■自分の命守る備え

 地震本部地震調査委員長で東京大学の平田直(なおし)名誉教授(地震学)も、Sランクだけを見てそれ以外の場所は安心だと思ってはいけないと強く警鐘を鳴らす。

「顕著な活断層があるところは明らかに繰り返し地震があった場所なので、それを念頭に入れて対策を取ることは大切です。しかし、未調査の地域や活断層のない所で発生する地震も多く、特定の活断層だけを見て判断するのは防災上、極めてよくありません」

 平田名誉教授は、個別の活断層だけではなく、周囲の活断層も含め地域全体で見ていくことが大切だという。

 例えば、関東地域はSランクの三浦半島断層群の30年以内の発生確率は6~11%だが、区域で見ると17%、さらに関東全域で見れば50%になる。これは南海トラフ地震の発生確率(60%程度)と比べ決して低くない。地震本部は関東の他、中国、四国、九州の「地域評価」を行っていて同本部のホームページで確認できる。

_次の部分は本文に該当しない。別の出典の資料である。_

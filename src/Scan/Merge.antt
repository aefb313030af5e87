-- ===== src/Scan/Merge.antt =====
-- A shared pass gives each task what it would find alone, however the collection is divided.
use mathlib.Core.List.{Permᴰ}
use molten_db.Prelude.{
  ◌≡◌, refl, arith, ℕ, zero, suc, ◌+◌, false, List, [], ◌∷◌, ◌++◌, All, take, Bool-cases, inl, inr,
  ap, sym, ◌∙◌,
}
use molten_db.Scan.{SortItem, item_lt, Heap, push, push_all}
use molten_db.Scan.Sorting.{
  sort_into, IsSorted, not_lt_trans, push_later, sort_into-IsSorted, sort_into-append,
  sort_into-sorted, push-push,
}
use molten_db.Scan.Heap.{push_all-take}

-- The order of the items does not matter.
sort_into-perm :
    {xs ys : List SortItem} → Permᴰ xs ys → (items : Heap) → sort_into items xs ≡ sort_into items ys
unfolding sort_into
sort_into-perm Permᴰ.nil items = refl
sort_into-perm (Permᴰ.cons {a = a} {b = b} {l₁ = l} e p) items =
    ap (λ x. sort_into (push x items) l) e ∙ sort_into-perm p (push b items)
sort_into-perm (Permᴰ.swap {a = a} {b = b} {l = l} e f) items =
    ap (λ t. sort_into t l) (push-push b a items ∙ (λ i. push (e i) (push (f i) items)))
sort_into-perm (Permᴰ.trans p q) items = sort_into-perm p items ∙ sort_into-perm q items

-- None of the first `n` items is behind the given one, and there are so many.
abbrev Covers : ℕ → SortItem → Heap → Type 0
Covers zero b items = Unit
Covers (suc n) b [] = ⊥
Covers (suc n) b (z ∷ items) = (item_lt b z ≡ false) × Covers n b items

Covers-push-take :
    (n : ℕ) (b : SortItem) (items : Heap) → Covers n b items → take n (push b items) ≡ take n items
Covers-push-take zero b items c = refl
Covers-push-take (suc n) b [] c = absurd c
Covers-push-take (suc n) b (z ∷ items) c =
    ap (take (suc n)) (push_later b z items c.0) ∙ ap (λ t. z ∷ t) (Covers-push-take n b items c.1)

Covers-push :
    (n : ℕ) (b x : SortItem) (items : Heap)
    → item_lt b x ≡ false
    → Covers n b items
    → Covers (suc n) b (push x items)
unfolding push
Covers-push zero b x [] h c = (h, tt)
Covers-push (suc n) b x [] h c = absurd c
Covers-push zero b x (z ∷ items) h c = elim (Bool-cases (item_lt x z)) [
  | inl less ↦ rw less (h, tt)
  | inr later ↦ rw later (not_lt_trans z x b later h, tt)
]
Covers-push (suc n) b x (z ∷ items) h c = elim (Bool-cases (item_lt x z)) [
  | inl less ↦ rw less (h, c)
  | inr later ↦ rw later (c.0, Covers-push n b x items h c.1)
]

Covers-less : (n : ℕ) (b : SortItem) (items : Heap) → Covers (suc n) b items → Covers n b items
Covers-less n b [] c = absurd c
Covers-less zero b (z ∷ items) c = tt
Covers-less (suc n) b (z ∷ items) c = (c.0, Covers-less n b items c.1)

All-Covers-push :
    (n : ℕ) (x : SortItem) (items bs : Heap)
    → All (λ b. Covers n b items) bs
    → All (λ b. item_lt b x ≡ false) bs
    → All (λ b. Covers (suc n) b (push x items)) bs
All-Covers-push n x items [] c h = tt
All-Covers-push n x items (b ∷ bs) c h =
    (Covers-push n b x items h.0 c.0, All-Covers-push n x items bs c.1 h.1)

All-Covers-less :
    (n : ℕ) (items bs : Heap)
    → All (λ b. Covers (suc n) b items) bs
    → All (λ b. Covers n b items) bs
All-Covers-less n items [] c = tt
All-Covers-less n items (b ∷ bs) c = (Covers-less n b items c.0, All-Covers-less n items bs c.1)

-- Of items in order, those that come after the first `k + n` in all do not show among these.
sort_into-take :
    (k n : ℕ) (items bs : Heap)
    → IsSorted bs
    → All (λ b. Covers n b items) bs
    → take (k + n) (sort_into items (take k bs)) ≡ take (k + n) (sort_into items bs)
unfolding sort_into
sort_into-take zero n items [] s c = refl
sort_into-take (suc k) n items [] s c = refl
sort_into-take zero n items (b ∷ bs) s c =
    let plain : 0 + n ≡ n = omega arith in
    let rest : take n (push b items) ≡ take n (sort_into (push b items) bs) = rw plain at (
      sort_into-take zero n (push b items) bs s.1
        (All-Covers-less n (push b items) bs (All-Covers-push n b items bs c.1 s.0))) in
    rw plain (sym (Covers-push-take n b items c.0) ∙ rest)
sort_into-take (suc k) n items (b ∷ bs) s c =
    let more : suc k + n ≡ k + suc n = omega arith in
    rw more (sort_into-take k (suc n) (push b items) bs s.1 (All-Covers-push n b items bs c.1 s.0))

sort_into_nil : (items : Heap) → sort_into items [] ≡ items
unfolding sort_into
sort_into_nil items = refl

none_covered : (items bs : Heap) → All (λ b. Covers zero b items) bs
none_covered items [] = tt
none_covered items (b ∷ bs) = (tt, none_covered items bs)

-- Two bounded heaps joined are the bounded heap of all items.
pub push_all-merge :
    (most : ℕ) (xs ys : List SortItem) (drained : Heap)
    → Permᴰ drained (take most (sort_into [] ys))
    → push_all most (take most (sort_into [] xs)) drained ≡ take most (sort_into [] (xs ++ ys))
push_all-merge most xs ys drained p =
    let left = sort_into [] xs in
    let plain : most + 0 ≡ most = omega arith in
    let cut : take most (sort_into left (take most (sort_into [] ys)))
        ≡ take most (sort_into left (sort_into [] ys)) =
      rw plain at (
        sort_into-take most 0 left (sort_into [] ys) (sort_into-IsSorted [] ys tt)
          (none_covered left (sort_into [] ys))) in
    push_all-take most left drained (sort_into-IsSorted [] xs tt)
    ∙ ap (take most) (sort_into-perm p left)
    ∙ cut
    ∙ ap (take most) (
        sort_into-sorted left [] ys
        ∙ ap (λ t. sort_into t ys) (sort_into_nil left)
        ∙ sym (sort_into-append [] xs ys))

「日本列島の成り立ちを考えれば、日本中どこで大地震が起きてもおかしくありません。活断層がないから安心と考えるのではなく、いつ地震が起きてもいいよう対策を取ることが大切。建物の耐震化を進め、家具の転倒防止をするなど、自分の命を守るための備えをしておくことが重要です」(平田名誉教授)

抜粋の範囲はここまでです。